● WHAT TO DO
Using the entries below, write out the line with "abbrev tcp : Texts", the line with "TcpJson.step ports serde", and every line in between, exactly as each is written.

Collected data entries

--- START ---

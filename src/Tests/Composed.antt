-- ===== src/Tests/Composed.antt =====
-- The daemon with its clients at a concrete run.
use mathlib.Core.List.{Memᴰ}
use can_bridge_daemon.Prelude.{
  ℕ, ◌≡◌, refl, true, false, String, Option, none, some, [], ◌∷◌, All, map, length, ok, err, str_eq,
  if◌then◌else◌, arith,
}
use can_bridge_daemon.Protocol.{ClientRequest, DaemonResponse, Serde}
use can_bridge_daemon.Subscription.{update_subscription_set, insert, contains, should_send_frame}
use can_bridge_daemon.SocketCan.{ArbitrationId}
use can_bridge_daemon.Startup.{Started}
use can_bridge_daemon.BinarySession.{Texts}
use can_bridge_daemon.TcpBinary.{tcp_texts}
use can_bridge_daemon.WsBinary.{ws_texts}
use can_bridge_daemon.TcpJson
use can_bridge_daemon.TcpJson.{JsonSession}
use can_bridge_daemon.TcpJson.Reader
use can_bridge_daemon.Writer.{Choice, Connection, opened, ended, writer_step, turn, on_event, write}
use can_bridge_daemon.Writer.Reader.{Reader, whole, sets}
use can_bridge_daemon.Service.{BridgeService, new, publish_frame, now_ms}
use can_bridge_daemon.SocketCan.Rx.{rx_event, fd_read, classic_read, publish_now}
use can_bridge_daemon.SocketCan.Ids.{id_to_u32}
use can_bridge_daemon.FakeGenerator.{payload, emit}
use can_bridge_daemon.Daemon.Delivers.{Delivered, sources-Delivered}
use can_bridge_daemon.Writer.Order.{answers, events}
use can_bridge_daemon.Daemon.{
  Kind, Client, publish, Daemon, boot, Reach, here, next, opens, turns, writes, reads_fd,
}
use can_bridge_daemon.Daemon.Genuine.{PutIn}
use can_bridge_daemon.Daemon.Shown.{Shown}
use can_bridge_daemon.Daemon.Kinds.{
  SessionKind, session_kinds, AskedFor, Reach-Shown_daemon, Reach-finish_daemon,
}
use can_bridge_daemon.Writer.Finish.{Take, finish}
use can_bridge_daemon.Tests.Adapters.{ports, rx}

abbrev serde : Serde
serde = record {
  from_str = λ text.
      if str_eq text "hello"
      then ok (ClientRequest.client_hello "c" "v1")
      else err "expected value";
  debug_request = λ r. "a request";
}

abbrev to_string : DaemonResponse → Option String
to_string response = some "{}"

abbrev tcp : Texts
tcp = tcp_texts (λ r. "a request") (λ r. "a response")

abbrev ws : Texts
ws = ws_texts (λ r. "a request") (λ r. "a response")

abbrev kinds : SessionKind → Kind ℕ
kinds = session_kinds ports tcp ws serde to_string

abbrev started : Started
started = record { readers = "can0" ∷ []; generator = none }

abbrev Reaches : Daemon kinds → Type 0
Reaches = Reach ports rx started kinds (boot kinds)

-- The session after its hello, and with its subscription.
abbrev greeted : BridgeService ℕ → JsonSession ℕ
greeted b =
    TcpJson.step ports serde (record (TcpJson.start (new 0)) { service = b })
      (TcpJson.Input.line "hello")

abbrev subscribing : BridgeService ℕ → JsonSession ℕ
subscribing b = record (greeted (new 1)) {
  service = b;
  subscribed = update_subscription_set [] ("can0" ∷ []);
}

greeted-Reads :
    TcpJson.Reader.Reads ports serde
      (record (TcpJson.start (new 0)) { service = new 1 })
      []
      (greeted (new 1))
unfolding TcpJson.start TcpJson.step TcpJson.handshake TcpJson.greet
greeted-Reads = TcpJson.Reader.Reads.steps (TcpJson.Input.line "hello") refl refl

subscribing-Sets :
    TcpJson.Reader.Sets
      (record (greeted (new 1)) { service = new 2 })
      (DaemonResponse.subscribed ("can0" ∷ []))
      (subscribing (new 2))
unfolding TcpJson.start TcpJson.step TcpJson.handshake TcpJson.greet
subscribing-Sets = TcpJson.Reader.Sets.subscribes ("can0" ∷ []) refl refl

abbrev Reached : Type 0
Reached = (d : Daemon kinds) × Reaches d

-- A client connects,
abbrev connected : Reached
connected = (_, next here (opens SessionKind.tcp_jsonl 0))

-- says hello
abbrev greeting : Reached
greeting = (
  _,
  next connected.1 (
      turns [] [] SessionKind.tcp_jsonl _ [] (Reader.loop (greeted (new 1))) 1 refl
        (whole _ _ greeted-Reads refl refl)),
)

-- and subscribes to can0;
abbrev subscribed : Reached
unfolding publish new TcpJson.start TcpJson.step TcpJson.handshake TcpJson.greet
subscribed = (
  _,
  next greeting.1 (
      turns [] [] SessionKind.tcp_jsonl _ []
        (Reader.answering (DaemonResponse.subscribed ("can0" ∷ [])) (subscribing (new 2))) 2 refl
        (sets _ _ _ subscribing-Sets refl refl refl)),
)

-- a frame of can0 is read,
abbrev read : Reached
unfolding publish
read = (
  _,
  next subscribed.1
      (reads_fd "can0" (ok (ArbitrationId.standard 0x7E8, 1 ∷ [])) 3 ∣ Memᴰ.head refl ∣₁),
)

-- and the writer takes it.
abbrev flow : Reached
unfolding publish new TcpJson.start TcpJson.step TcpJson.handshake TcpJson.greet
flow = (_, next read.1 (writes [] [] SessionKind.tcp_jsonl _ true Choice.frame refl))

Reach-Shown_daemon_example :
    All
      (λ (client : Client kinds).
        Shown ports rx started kinds
          (AskedFor ports tcp ws serde to_string)
          (PutIn ports rx started kinds flow.1)
          flow.0.bus
          client)
      flow.0.clients
Reach-Shown_daemon_example =
    Reach-Shown_daemon ports tcp ws serde to_string (λ response. refl) rx started flow.1

-- It is one event of the bus, and it is written.
flow_run :
    map (λ (client : Client kinds). length (events client.connection.written)) flow.0.clients
    ≡ 1 ∷ []
unfolding publish fd_read publish_now publish_frame now_ms new writer_step turn on_event write
    should_send_frame contains update_subscription_set insert TcpJson.start TcpJson.step
    TcpJson.handshake TcpJson.greet
flow_run = refl

-- The client that has only connected, its acknowledgement in the queue.
abbrev waiting : Connection (Reader (JsonSession ℕ) DaemonResponse) DaemonResponse
waiting = let s : JsonSession ℕ = TcpJson.start (new 0) in opened (Reader.loop s) s.sent

Reach-finish_daemon_example :
    ((finish
        (kinds SessionKind.tcp_jsonl).transport
        (Take.frame ∷ Take.message ∷ [])
        waiting).writer
      ≡ ended)
    × (answers
          (finish
            (kinds SessionKind.tcp_jsonl).transport
            (Take.frame ∷ Take.message ∷ [])
            waiting).written
        ≡ (kinds SessionKind.tcp_jsonl).sent waiting.reader)
unfolding TcpJson.start
Reach-finish_daemon_example =
    Reach-finish_daemon ports tcp ws serde to_string (λ response. refl) rx started [] []
      (record { kind = SessionKind.tcp_jsonl; connection = waiting })
      (Take.frame ∷ Take.message ∷ []) connected.1 refl refl (omega arith)

-- A client that has subscribed to can0.
abbrev on_can0 : Client kinds
on_can0 = record {
  kind = SessionKind.tcp_jsonl;
  connection = record waiting { reader = Reader.loop (subscribing (new 2)) };
}

sources-Delivered_example :
    Delivered kinds
      (rx_event "can0" 0x7E8 true (1 ∷ []) (now_ms ports 3).0)
      (fd_read ports rx "can0" (new 3) (ok (ArbitrationId.standard 0x7E8, 1 ∷ []))).frames
      on_can0
    × Delivered kinds
        (rx_event "can0" 0x7E9 false (2 ∷ []) (now_ms ports 3).0)
        (classic_read ports rx "can0"
          (new 3)
          (ok (some (ArbitrationId.standard 0x7E9, 2 ∷ [])))).frames
        on_can0
    × Delivered kinds
        (rx_event "can0" 0x123 false (payload 1 0) (now_ms ports 3).0)
        (emit ports 1 0 "can0" (new 3)).frames
        on_can0
unfolding id_to_u32
sources-Delivered_example =
    sources-Delivered ports tcp ws serde to_string (λ response. refl) rx "can0"
      (ArbitrationId.standard 0x7E8, 1 ∷ []) (some (ArbitrationId.standard 0x7E9, 2 ∷ []))
      (ArbitrationId.standard 0x7E9, 2 ∷ []) 1 0 3 on_can0 refl refl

--- END ---

● RESULT FOR THIS EXERCISE
abbrev tcp : Texts
tcp = tcp_texts (λ r. "a request") (λ r. "a response")

abbrev ws : Texts
ws = ws_texts (λ r. "a request") (λ r. "a response")

abbrev kinds : SessionKind → Kind ℕ
kinds = session_kinds ports tcp ws serde to_string

abbrev started : Started
started = record { readers = "can0" ∷ []; generator = none }

abbrev Reaches : Daemon kinds → Type 0
Reaches = Reach ports rx started kinds (boot kinds)

-- The session after its hello, and with its subscription.
abbrev greeted : BridgeService ℕ → JsonSession ℕ
greeted b =
    TcpJson.step ports serde (record (TcpJson.start (new 0)) { service = b })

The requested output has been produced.